Reproduce, exactly and in full, only the lines below from the one containing "pub dumps : Value → Bytes" through the one containing "str_value rt (float n b text) = text".

Stored data entries:
-*-

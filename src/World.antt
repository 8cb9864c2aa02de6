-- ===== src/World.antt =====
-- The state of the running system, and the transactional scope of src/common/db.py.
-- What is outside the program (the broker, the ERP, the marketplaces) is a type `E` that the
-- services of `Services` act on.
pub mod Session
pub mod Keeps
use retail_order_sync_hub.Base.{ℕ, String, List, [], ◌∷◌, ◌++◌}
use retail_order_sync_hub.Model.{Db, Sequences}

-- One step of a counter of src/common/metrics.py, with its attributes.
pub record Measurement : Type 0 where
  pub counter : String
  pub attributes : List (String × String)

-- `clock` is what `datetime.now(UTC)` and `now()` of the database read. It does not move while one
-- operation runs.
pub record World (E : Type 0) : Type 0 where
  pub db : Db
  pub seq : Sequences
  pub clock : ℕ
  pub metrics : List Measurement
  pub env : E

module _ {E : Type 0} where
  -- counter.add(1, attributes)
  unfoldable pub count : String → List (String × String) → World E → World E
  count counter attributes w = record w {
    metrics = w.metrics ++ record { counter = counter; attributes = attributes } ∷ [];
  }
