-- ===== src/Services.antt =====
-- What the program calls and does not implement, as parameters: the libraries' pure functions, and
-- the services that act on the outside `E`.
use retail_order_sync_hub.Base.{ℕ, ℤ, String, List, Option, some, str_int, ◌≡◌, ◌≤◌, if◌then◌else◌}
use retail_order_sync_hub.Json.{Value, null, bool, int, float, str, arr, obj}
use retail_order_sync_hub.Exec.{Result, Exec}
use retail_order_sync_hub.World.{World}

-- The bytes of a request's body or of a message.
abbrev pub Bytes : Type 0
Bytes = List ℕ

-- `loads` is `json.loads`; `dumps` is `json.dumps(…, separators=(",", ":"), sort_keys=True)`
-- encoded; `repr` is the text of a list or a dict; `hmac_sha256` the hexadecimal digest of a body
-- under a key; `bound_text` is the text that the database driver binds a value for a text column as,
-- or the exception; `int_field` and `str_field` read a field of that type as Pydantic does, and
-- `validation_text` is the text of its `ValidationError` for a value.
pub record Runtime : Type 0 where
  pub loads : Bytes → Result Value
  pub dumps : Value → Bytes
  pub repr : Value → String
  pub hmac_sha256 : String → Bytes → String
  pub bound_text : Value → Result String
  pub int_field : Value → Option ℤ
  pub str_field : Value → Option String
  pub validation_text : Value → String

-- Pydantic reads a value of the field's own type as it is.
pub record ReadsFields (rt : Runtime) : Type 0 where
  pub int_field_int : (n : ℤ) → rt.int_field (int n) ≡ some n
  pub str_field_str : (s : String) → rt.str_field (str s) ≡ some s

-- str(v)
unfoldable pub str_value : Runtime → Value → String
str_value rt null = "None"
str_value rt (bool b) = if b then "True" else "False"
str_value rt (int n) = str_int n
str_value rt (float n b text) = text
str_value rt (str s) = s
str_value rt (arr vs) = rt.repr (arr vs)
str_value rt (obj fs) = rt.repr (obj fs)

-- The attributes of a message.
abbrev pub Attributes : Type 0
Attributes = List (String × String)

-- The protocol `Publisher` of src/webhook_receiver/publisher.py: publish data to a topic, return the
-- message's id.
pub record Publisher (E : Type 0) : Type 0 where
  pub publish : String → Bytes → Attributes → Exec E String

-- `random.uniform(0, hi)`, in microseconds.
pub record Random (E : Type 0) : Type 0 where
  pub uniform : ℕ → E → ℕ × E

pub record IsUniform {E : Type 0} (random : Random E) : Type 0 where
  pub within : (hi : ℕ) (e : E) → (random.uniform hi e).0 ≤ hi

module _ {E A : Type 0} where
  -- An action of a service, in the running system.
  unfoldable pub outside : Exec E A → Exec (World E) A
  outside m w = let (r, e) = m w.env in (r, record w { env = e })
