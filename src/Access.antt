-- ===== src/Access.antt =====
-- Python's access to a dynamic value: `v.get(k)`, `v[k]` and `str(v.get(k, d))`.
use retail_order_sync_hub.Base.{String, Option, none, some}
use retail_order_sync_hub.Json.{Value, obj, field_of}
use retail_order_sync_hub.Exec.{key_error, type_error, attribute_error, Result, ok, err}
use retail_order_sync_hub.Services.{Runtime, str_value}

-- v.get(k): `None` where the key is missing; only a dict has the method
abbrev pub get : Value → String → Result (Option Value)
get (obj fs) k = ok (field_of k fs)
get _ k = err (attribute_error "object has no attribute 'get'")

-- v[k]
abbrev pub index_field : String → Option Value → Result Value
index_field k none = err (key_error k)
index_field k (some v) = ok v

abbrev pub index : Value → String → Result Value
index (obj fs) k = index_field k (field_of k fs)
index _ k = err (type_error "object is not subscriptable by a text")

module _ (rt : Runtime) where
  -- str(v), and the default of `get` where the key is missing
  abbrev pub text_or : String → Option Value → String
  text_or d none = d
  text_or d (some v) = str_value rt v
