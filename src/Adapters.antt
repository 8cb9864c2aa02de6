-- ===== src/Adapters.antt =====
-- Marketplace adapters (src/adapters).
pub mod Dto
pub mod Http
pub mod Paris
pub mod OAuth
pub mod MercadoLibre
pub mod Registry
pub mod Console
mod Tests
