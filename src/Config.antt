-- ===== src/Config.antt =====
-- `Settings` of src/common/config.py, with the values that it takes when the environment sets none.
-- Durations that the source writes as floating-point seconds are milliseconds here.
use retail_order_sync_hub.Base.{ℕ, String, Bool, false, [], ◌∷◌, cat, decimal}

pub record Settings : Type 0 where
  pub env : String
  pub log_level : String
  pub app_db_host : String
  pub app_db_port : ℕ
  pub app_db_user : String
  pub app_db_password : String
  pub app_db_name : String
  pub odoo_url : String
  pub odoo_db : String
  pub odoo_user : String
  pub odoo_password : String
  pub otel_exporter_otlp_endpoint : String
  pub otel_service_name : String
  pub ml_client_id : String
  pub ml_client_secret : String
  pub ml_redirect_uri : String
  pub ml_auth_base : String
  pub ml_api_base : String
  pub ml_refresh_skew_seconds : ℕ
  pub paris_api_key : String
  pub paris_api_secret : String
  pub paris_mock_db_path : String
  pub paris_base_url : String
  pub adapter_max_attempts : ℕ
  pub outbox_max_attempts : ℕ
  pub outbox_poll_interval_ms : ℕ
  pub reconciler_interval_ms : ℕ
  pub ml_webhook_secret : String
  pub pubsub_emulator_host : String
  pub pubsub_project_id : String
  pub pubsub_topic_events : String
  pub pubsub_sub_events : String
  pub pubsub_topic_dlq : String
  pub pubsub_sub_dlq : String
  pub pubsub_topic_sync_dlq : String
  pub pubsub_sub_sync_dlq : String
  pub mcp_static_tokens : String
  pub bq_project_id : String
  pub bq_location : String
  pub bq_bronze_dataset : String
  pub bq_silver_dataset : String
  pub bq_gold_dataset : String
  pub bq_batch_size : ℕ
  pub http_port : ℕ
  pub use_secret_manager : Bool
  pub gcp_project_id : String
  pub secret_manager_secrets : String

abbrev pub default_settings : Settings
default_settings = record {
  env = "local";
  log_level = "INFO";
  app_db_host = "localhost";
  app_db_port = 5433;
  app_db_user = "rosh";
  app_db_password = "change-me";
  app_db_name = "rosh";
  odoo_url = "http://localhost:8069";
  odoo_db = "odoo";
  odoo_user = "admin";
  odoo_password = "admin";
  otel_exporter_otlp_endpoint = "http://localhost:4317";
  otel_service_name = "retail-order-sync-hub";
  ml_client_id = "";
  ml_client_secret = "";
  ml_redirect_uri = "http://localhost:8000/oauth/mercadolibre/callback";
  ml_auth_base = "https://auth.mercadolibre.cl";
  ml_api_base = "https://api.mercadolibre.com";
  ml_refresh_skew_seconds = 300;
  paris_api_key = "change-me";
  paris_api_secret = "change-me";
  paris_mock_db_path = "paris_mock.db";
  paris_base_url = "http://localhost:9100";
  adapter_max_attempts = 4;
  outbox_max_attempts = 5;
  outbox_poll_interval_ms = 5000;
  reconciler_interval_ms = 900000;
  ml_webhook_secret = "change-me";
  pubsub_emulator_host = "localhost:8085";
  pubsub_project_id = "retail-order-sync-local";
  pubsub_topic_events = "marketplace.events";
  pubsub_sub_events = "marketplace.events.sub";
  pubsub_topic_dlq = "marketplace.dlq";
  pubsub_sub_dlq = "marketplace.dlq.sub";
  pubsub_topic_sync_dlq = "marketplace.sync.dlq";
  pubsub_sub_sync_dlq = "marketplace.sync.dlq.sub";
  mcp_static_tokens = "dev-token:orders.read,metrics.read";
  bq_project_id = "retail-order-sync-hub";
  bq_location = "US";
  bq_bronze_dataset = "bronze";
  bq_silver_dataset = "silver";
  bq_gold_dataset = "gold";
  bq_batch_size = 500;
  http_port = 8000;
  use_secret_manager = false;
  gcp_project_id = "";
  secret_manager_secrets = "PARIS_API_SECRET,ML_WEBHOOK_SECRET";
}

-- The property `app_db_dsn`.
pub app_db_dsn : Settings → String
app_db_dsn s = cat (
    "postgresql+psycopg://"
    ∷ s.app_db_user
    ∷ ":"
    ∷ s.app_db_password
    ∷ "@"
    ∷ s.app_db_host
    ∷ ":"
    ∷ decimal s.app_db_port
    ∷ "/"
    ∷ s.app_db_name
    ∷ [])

-*-

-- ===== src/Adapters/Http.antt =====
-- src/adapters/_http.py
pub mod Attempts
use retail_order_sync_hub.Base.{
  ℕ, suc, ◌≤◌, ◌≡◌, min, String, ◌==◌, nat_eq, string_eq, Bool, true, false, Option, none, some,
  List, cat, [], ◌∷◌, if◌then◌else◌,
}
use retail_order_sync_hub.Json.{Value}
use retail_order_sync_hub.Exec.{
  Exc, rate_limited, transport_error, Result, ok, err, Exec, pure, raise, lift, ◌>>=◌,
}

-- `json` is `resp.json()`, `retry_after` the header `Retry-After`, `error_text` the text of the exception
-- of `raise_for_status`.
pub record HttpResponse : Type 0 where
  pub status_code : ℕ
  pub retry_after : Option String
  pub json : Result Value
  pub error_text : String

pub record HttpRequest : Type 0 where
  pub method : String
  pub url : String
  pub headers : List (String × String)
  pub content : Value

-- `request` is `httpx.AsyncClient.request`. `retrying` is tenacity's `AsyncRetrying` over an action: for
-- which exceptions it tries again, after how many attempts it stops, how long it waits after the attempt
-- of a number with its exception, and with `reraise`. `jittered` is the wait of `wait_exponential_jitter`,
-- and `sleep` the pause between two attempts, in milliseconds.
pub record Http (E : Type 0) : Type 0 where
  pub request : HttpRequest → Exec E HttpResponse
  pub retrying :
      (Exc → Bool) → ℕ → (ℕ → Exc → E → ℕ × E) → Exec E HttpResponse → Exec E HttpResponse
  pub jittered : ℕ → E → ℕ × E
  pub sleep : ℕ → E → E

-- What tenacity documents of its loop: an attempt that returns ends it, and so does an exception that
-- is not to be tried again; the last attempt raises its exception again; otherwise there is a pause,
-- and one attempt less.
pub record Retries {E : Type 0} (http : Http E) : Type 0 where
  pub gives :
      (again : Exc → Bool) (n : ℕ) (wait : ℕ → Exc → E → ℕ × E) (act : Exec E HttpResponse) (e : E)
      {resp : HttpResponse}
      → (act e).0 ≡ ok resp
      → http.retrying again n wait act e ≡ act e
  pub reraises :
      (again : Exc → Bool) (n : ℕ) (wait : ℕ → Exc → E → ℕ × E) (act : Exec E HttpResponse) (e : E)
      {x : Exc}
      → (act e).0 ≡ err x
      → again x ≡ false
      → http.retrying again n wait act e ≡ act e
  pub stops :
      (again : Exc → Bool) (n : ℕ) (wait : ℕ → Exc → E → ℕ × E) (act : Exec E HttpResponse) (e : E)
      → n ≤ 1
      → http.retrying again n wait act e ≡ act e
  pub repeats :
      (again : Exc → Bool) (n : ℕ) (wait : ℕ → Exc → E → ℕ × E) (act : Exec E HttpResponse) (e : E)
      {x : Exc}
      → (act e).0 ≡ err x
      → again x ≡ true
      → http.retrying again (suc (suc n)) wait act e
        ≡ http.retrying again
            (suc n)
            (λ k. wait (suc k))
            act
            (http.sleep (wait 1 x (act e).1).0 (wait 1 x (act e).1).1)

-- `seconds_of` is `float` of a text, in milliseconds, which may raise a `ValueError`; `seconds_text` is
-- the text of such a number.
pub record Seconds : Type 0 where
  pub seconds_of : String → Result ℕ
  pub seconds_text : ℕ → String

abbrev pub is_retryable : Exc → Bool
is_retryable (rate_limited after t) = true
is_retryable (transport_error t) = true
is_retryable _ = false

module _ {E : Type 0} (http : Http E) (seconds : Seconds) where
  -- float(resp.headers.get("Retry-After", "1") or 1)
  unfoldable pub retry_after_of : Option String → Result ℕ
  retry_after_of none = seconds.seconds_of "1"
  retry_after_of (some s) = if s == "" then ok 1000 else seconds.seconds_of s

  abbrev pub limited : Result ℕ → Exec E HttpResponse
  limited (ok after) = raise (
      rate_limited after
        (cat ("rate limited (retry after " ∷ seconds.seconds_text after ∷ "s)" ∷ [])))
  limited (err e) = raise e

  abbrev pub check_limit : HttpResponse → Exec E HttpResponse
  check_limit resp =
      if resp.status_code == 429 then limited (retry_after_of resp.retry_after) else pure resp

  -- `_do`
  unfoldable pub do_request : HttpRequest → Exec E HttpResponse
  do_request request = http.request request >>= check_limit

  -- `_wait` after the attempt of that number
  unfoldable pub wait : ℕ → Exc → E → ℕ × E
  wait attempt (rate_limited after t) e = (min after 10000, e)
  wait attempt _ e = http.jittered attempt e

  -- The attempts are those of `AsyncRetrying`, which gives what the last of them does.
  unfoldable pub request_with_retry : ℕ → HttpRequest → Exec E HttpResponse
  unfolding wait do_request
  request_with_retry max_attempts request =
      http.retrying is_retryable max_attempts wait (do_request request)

-*-

■ **Solution**:
  pub dumps : Value → Bytes
  pub repr : Value → String
  pub hmac_sha256 : String → Bytes → String
  pub bound_text : Value → Result String
  pub int_field : Value → Option ℤ
  pub str_field : Value → Option String
  pub validation_text : Value → String

-- Pydantic reads a value of the field's own type as it is.
pub record ReadsFields (rt : Runtime) : Type 0 where
  pub int_field_int : (n : ℤ) → rt.int_field (int n) ≡ some n
  pub str_field_str : (s : String) → rt.str_field (str s) ≡ some s

-- str(v)
unfoldable pub str_value : Runtime → Value → String
str_value rt null = "None"
str_value rt (bool b) = if b then "True" else "False"
str_value rt (int n) = str_int n
str_value rt (float n b text) = text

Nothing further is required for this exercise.